Understanding the Performance of Aqueous Organic Redox Flow Batteries

Tuesday, May 13, 2014: 14:20
Bonnet Creek Ballroom V, Lobby Level (Hilton Orlando Bonnet Creek)
B. Yang and L. Hoober-Burkhardt (University of Southern California)
Organic redox flow batteries (ORFB) are considered to be one of the most promising technologies for large-scale energy storage needed for integrating renewable energyrom intermittent sources such as solar photovoltaic and wind-based generation systems [1]. ORFBs are attractive because the proposed materials are potentially low cost, eco-friendly, and sustainable. Organic compounds, such as quinones and their derivatives, can be used as both the positive and negative active material of ORFB, due to their electrochemical reversibility and relatively high charge capacity of 200-490 Ah/kg. The use of water as the solvent lowers the cost and makes the system safe, non-flammable, and highly eco-friendly. Heavy metals such as chromium, vanadium, zinc and lead are completely avoided.  Thus, the material cost can be reduced substantially for achieving the DOE-specified target of $100/kWh for the entire battery system.

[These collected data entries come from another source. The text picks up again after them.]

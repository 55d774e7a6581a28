-- ===== src/Auth/Tests.antt =====
-- Witnesses for the account store: a store with one user, ann, whose password hash is "#secret".
use sitebrush_v.Prelude.{Bool, true, [], ◌∷◌, Option, some, arith}
use sitebrush_v.Prelude.Int.{pos}
use sitebrush_v.Text.{Text, codes, ascii_only, text_eq}
use sitebrush_v.Data.{User}
use sitebrush_v.Files.{Write}
use sitebrush_v.Auth.Store.{AuthStore, stored}
use sitebrush_v.Auth.Accounts.{authenticate_persistent_user, change_persistent_password}
use sitebrush_v.Auth.Tokens.{verify_recovery_token}
use sitebrush_v.Auth.Recovery.{TokenOutcome, verify_recovery_token_outcome}
use sitebrush_v.Auth.SignIn.{SignInOutcome, authenticate_persistent_user_outcome}
use sitebrush_v.Auth.PasswordChange.{ChangeOutcome, change_persistent_password_outcome}

abbrev ann : User
ann = record {
  id = pos 1;
  session_id = [];
  old_id = pos 0;
  avatar_id = pos 0;
  email = codes "ann@example.org";
  password_hash = codes "#secret";
  nickname = [];
  first_name = [];
  last_name = [];
  gender = [];
  phone = [];
  date_of_registration = pos 0;
  date_of_birth = pos 0;
  last_visit_time = pos 0;
  greenwich_offset = pos 0;
  activated = [];
  verification_code = [];
  domain = [];
  status = codes "active";
  language = [];
  current_ip = [];
  profile = [];
  preferences = [];
  security_log = [];
  invited_by = [];
  invites_amount = pos 0;
  quota_bytes = [];
  quota_originals = [];
  quota_bytes_used = pos 0;
  quota_originals_used = pos 0;
  auto_grab = [];
  domain_to_grab = [];
}

abbrev sample_store : AuthStore
sample_store = record {
  users = ann ∷ [];
  groups = [];
  user_groups = [];
  recovery_tokens =
      record { user_id = pos 1; token_hash = codes "#t"; expires_at = 100; used_at = 0 } ∷ [];
  updated_at = 0;
}

abbrev sample_verify : Text → Text → Option Bool
sample_verify password hash = some (text_eq (b'#' ∷ password) hash)

abbrev all_well : Write
all_well = record { renames = true; syncs = true }

abbrev sample_hash : Text → Text
sample_hash token = b'#' ∷ token

verify_recovery_token_outcome_example :
    TokenOutcome sample_hash all_well 9
      (stored sample_store)
      (pos 1)
      (codes "t")
      0
      (stored sample_store)
      (verify_recovery_token sample_hash all_well 9 (stored sample_store) (pos 1) (codes "t") 0)
verify_recovery_token_outcome_example =
    verify_recovery_token_outcome sample_hash all_well 9 (stored sample_store) (pos 1) (codes "t") 0
      (omega arith)

authenticate_persistent_user_outcome_example :
    SignInOutcome sample_verify all_well 9
      (stored sample_store)
      ascii_only
      (pos 9)
      (codes "ann@example.org")
      (codes "wrong")
      (authenticate_persistent_user ascii_only sample_verify all_well 9
        (pos 9)
        (stored sample_store)
        (codes "ann@example.org")
        (codes "wrong"))
authenticate_persistent_user_outcome_example =
    authenticate_persistent_user_outcome sample_verify all_well 9 (stored sample_store) ascii_only
      (pos 9) (codes "ann@example.org") (codes "wrong")

change_persistent_password_outcome_example :
    ChangeOutcome sample_verify all_well 9
      (stored sample_store)
      (pos 1)
      (codes "secret")
      (codes "longenough")
      (some (codes "#longenough"))
      (change_persistent_password sample_verify all_well 9
        (stored sample_store)
        (pos 1)
        (codes "secret")
        (codes "longenough")
        (some (codes "#longenough")))
change_persistent_password_outcome_example =
    change_persistent_password_outcome sample_verify all_well 9 (stored sample_store) (pos 1)
      (codes "secret") (codes "longenough") (some (codes "#longenough"))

In the present study, we have constructed redox flow cells operating on 0.2 M benzoquinone disulfonic acid (DSQ) and 0.2 M anthraquinone sulfonic acid (AQS).  We have measured the rechargeability and current-voltage characteristics.  We find that the cells are rechargeable and no loss of capacity was observed in 12 cycles (Figure 1). This result suggests that the quinones are chemically stable under the conditions of cycling.   

The current-voltage curves were measured as a function of state-of-charge.  We found that the power density decreased significantly below the 50% state of charge.  This decrease is attributed to the mass transport limitations that can be severe at low reactant concentrations of 0.2 M (Figure 2).   Analysis of the current-voltage and impedance data indicate that the  power density can be increased by enhancing the solubility of the quinones, increasing the temperature of operation and by modifying the electrode structure to allow for rapid mass transport.   In this presentation, we will discuss the improvements in power density achieved by these various approaches.


The work presented here was funded by ARPA-E (Open FOA) and the Loker Hydrocarbon Institute of University of Southern California.


1. Inexpensive Flow Batteries Based on Organic.  Redox Couples. BoYang, Lena Hoober-Burkhardt, G. K. Surya. Prakash, and S. R. Narayanan, the 224th meeting of Electrochemical Society, San Francisco,  2013, Abstract 468.